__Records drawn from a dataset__
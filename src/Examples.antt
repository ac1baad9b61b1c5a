-- ===== src/Examples.antt =====
-- examples/basic/: a program on top of the library.
pub mod Math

__WHAT TO PRODUCE__
Print the entries exactly.

__RESPONSE__
filename src/Examples.antt
repository ac1baad9b61b1c5a
-- ===== src/Examples.antt =====
-- examples/basic/: a program on top of the library.
pub mod Math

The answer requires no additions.